# 2014 Shrine Sportsman Fishing tournament $10,000.00 purse



## Shrine Daddy

$10,000.00 Purse for the 10th Annual Shrine Sportsman Fishing Tournament. Sept. 19-20 2014 Matagorda Texas. You can fish anywhere on the coast just must be at weigh in line at 3:00 p.m. The 19th we will have a Captains meeting with food and drinks at the Firemans Hall in Matagorda. Look up all the rules at shrinesports.com


----------



## 10gajimmie

That's a big payout


----------



## V-Bottom

I was going to ask something about the weighin times but I'll lv. it alone!!


----------



## 10gajimmie

Looks like 3pm


----------



## Backlashed (Again)

Always a good time with the Shriners!
These guys do great work.


----------



## mredman1

*shriners*

Sounds like everyone wins!
Mike


----------



## 10gajimmie

Can't weight


----------



## Tortuga

http://arabiashrinesportsmen.com/docs/10th ArabianFishPoster 2014.pdf


----------



## 10gajimmie

Who is going


----------



## 10gajimmie

I'll be there


----------



## Shrine Daddy

*17 Days*

We have seventeen days left and the tournament is filling up fast. We think this will be the best one yet. Great food, drinks, and the best prize money around.

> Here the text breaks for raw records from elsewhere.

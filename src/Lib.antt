-- ===== src/Lib.antt =====
-- The job service: an HTTP API that registers jobs, an outbox in PostgreSQL, a poller that moves the
-- outbox's events to a task queue, and a worker that posts each job to its webhook.
--
-- A request passes the check of its token (middleware/jwt_auth.go) and reaches a handler
-- (handler/routes.go), which calls the store (db/store.go). Creating a job writes the job, its
-- idempotency key and an event of the outbox in one transaction. `pollOnce`
-- (service/outbox_poller.go) marks unpublished events as published and enqueues a task for each.
-- `ProcessJobTask` (service/processor.go) takes a task, counts the attempt, calls the webhook and
-- stores how the job ended, or writes another event for a retry.
--
-- Files, and the code that they model:
--   Base, Base/*: numbers, lists, results, UTF-8 bytes.
--   Json: the part of encoding/json that writes strings, integers and objects. Json/Strings,
--     Json/Integers, Json/Members: how it is read. Base/Strconv: `strconv.Atoi`.
--   Db/Rows: the structs of db/store.go and the tables of migrations/*.up.sql.
--   Db/Session: calls of the store. `Env` is what PostgreSQL and the driver decide: how the call with
--     a number ends (done, failed, or done with its answer lost), what other sessions have committed
--     before it, the rows that they hold locked, generated ids, the clock, and the text forms of uuid,
--     jsonb and text. `World` is the number of calls, the committed tables, and those of the open
--     transaction. Db/Session/Rules: how each call can end.
--     Db/Session/Keeping: claims about the tables along a program.
--   Db/Sql: WHERE, SET, DELETE, ORDER BY, LIMIT and OFFSET over lists of rows. Db/Sql/Laws: their
--     laws.
--   Db/Users, Db/Jobs, Db/Outbox: the methods of `Store` on these tables. A method is an action on
--     the session, and its statement a function of the tables with the constraints of the migrations.
--   Db/Keys, Db/Idempotency: `CreateJobWithIdempotency`. `after_lookup` is what follows the look-up of
--     the key, `reuse_job` the path of a known request, `register_job` that of a new one.
--   Service/JobPayload, Service/Task, Service/Token: service/job_payload.go, service/task.go,
--     service/token.go with service/auth.go.
--   Service/Idempotency: service/idempotency.go. A value is a tree, `canonical` is `CanonicalJSON`.
--   Service/Poller: `pollOnce`. `claim` is its transaction, `dispatch_all` the loop after it.
--     Service/Poller/Loop: `StartOutboxPollers` by whole rounds. Service/Poller/Interleaved: the same
--     by single statements, with the locks of the rows as a part of the state.
--   Service/Processor: `ProcessJobTask` and `executeJobWebhook`. `start_job` is the first transaction,
--     `record_failure` the second, `complete_job` the last call.
--   Handler/Http, Handler/Users, Handler/Jobs: the requests, answers and handlers of
--     handler/routes.go, and `NewJWTAuth`. `with_user` is the check that opens each handler of jobs.
--   Db/Valid: the invariant of the tables, and that every statement and every program over the session
--     keeps it. System: requests, rounds of the poller and tasks as the steps of one session, and what
--     any number of them leaves.
--   Handler/Logging: middleware/logging.go. Handler/Routes: `RegisterRoutes` and the routes of
--     cmd/main.go; `serve` takes a request through the middleware to its handler.
--   Programs: db/open.go, db/migrate.go and the programs under cmd/, as the events of a run.
--   The other children of these modules hold the proofs, and Tests the concrete inputs.
--
-- Bounds: every loop is over a list of rows, events or turns, so no fuel is used; only `digits` has
-- fuel, the number plus one, and a number has no more digits than that. An `int` column refuses
-- what does not fit in 32 bits; the product of page and page size wraps around in 64 bits. JSON
-- text of a `json.RawMessage`, the reading of request bodies and of task payloads, SHA-256,
-- golang-jwt, bcrypt, go-chi and asynq are parameters, with their documented behaviour as named
-- hypotheses (`MakesUuids`, `PrintsUuids`, `VerifiesSigned`, `RefusesExpired`, `Signs`,
-- `ChecksHashed`, `FindsRegistered`). The order of rows that tie in ORDER BY is that of the table.
--
-- Not modelled: the log lines of the handlers and the services, the router, which is a parameter,
-- and the generated API documentation (docs/docs.go). `New` of handler/routes.go and `NewStore` of
-- db/store.go only wrap their argument. In `Db/Session` other sessions act through `peers` and
-- `locked` of the environment, in front of a statement on the pool and of the begin of a
-- transaction: nothing of theirs happens inside an open transaction, whose commit replaces the
-- tables, and a round of a poller in a turn is one step. Statements of two transactions interleave
-- in Service/Poller/Interleaved only, for the goroutines of the pollers; the races of other
-- transactions under READ COMMITTED are not modelled. A text that the server refuses, one with a
-- NUL character, is refused where it is stored; a look-up by such a text finds no row here and is
-- an error there, and the handlers answer both alike.
mod Base
mod Json
mod Db
mod Service
mod Handler
mod System
mod Programs
mod Tests
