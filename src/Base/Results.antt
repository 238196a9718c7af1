-- ===== src/Base/Results.antt =====
-- Errors as values: what a call of the database can answer instead of a result.
use mathlib.Core.Path.{◌≡◌, refl}
use mathlib.Core.Logic.{◌⊎◌, inl, inr}
use mathlib.Core.Bool.{Bool, true, false}
use mathlib.Core.Option.{Option, none, some}

-- `no_rows` is `sql.ErrNoRows`. `unavailable` stands for every failure of the server or of the
-- connection that the values of the call do not decide. `unsupported_value` is an error of
-- encoding/json.
pub data Error : Type 0 where
  no_rows unavailable no_transaction : Error
  invalid_uuid invalid_json invalid_text out_of_range null_value : Error
  unique_violation foreign_key_violation negative_limit : Error
  unsupported_value : Error

pub data Result (A : Type 0) : Type 0 where
  ok : A → Result A
  err : Error → Result A

module _ {A : Type 0} where
  pub Result-cases : (r : Result A) → ((a : A) × (r ≡ ok a)) ⊎ ((e : Error) × (r ≡ err e))
  Result-cases (ok a) = inl (a, refl)
  Result-cases (err e) = inr (e, refl)

  -- The checks of a statement run in order, and the first error ends it.
  infixl 5 ◌>>=◌
  abbrev pub ◌>>=◌ : {B : Type 0} → Result A → (A → Result B) → Result B
  checked >>= next = elim checked [ ok a ↦ next a | err e ↦ err e ]

  infixl 5 ◌>>◌
  abbrev pub ◌>>◌ : Result (Unit {0}) → Result A → Result A
  checked >> next = elim checked [ ok _ ↦ next | err e ↦ err e ]

  abbrev pub or_error : Option A → Error → Result A
  or_error none e = err e
  or_error (some a) e = ok a

abbrev pub require : Bool → Error → Result (Unit {0})
require true e = ok tt
require false e = err e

The only thing else you need to hear is "fish on". The Shriners thank you.


----------



## RudyTxDeer

Is this a one or two day tournament?


----------



## Shrine Daddy

*1 Day*

This is a one day tournament, with Captains meeting on Friday the 19th, and the tournament on the 20th. All information can be found at www.shrinesports.com.


----------



## Shrine Daddy

The tournament is still on for tommorow. If their is an adjustment to start time it will be addressed at the Capt's meeting. Some weather forecast are showing pretty decent weather. See you at the meeting.
Chris


----------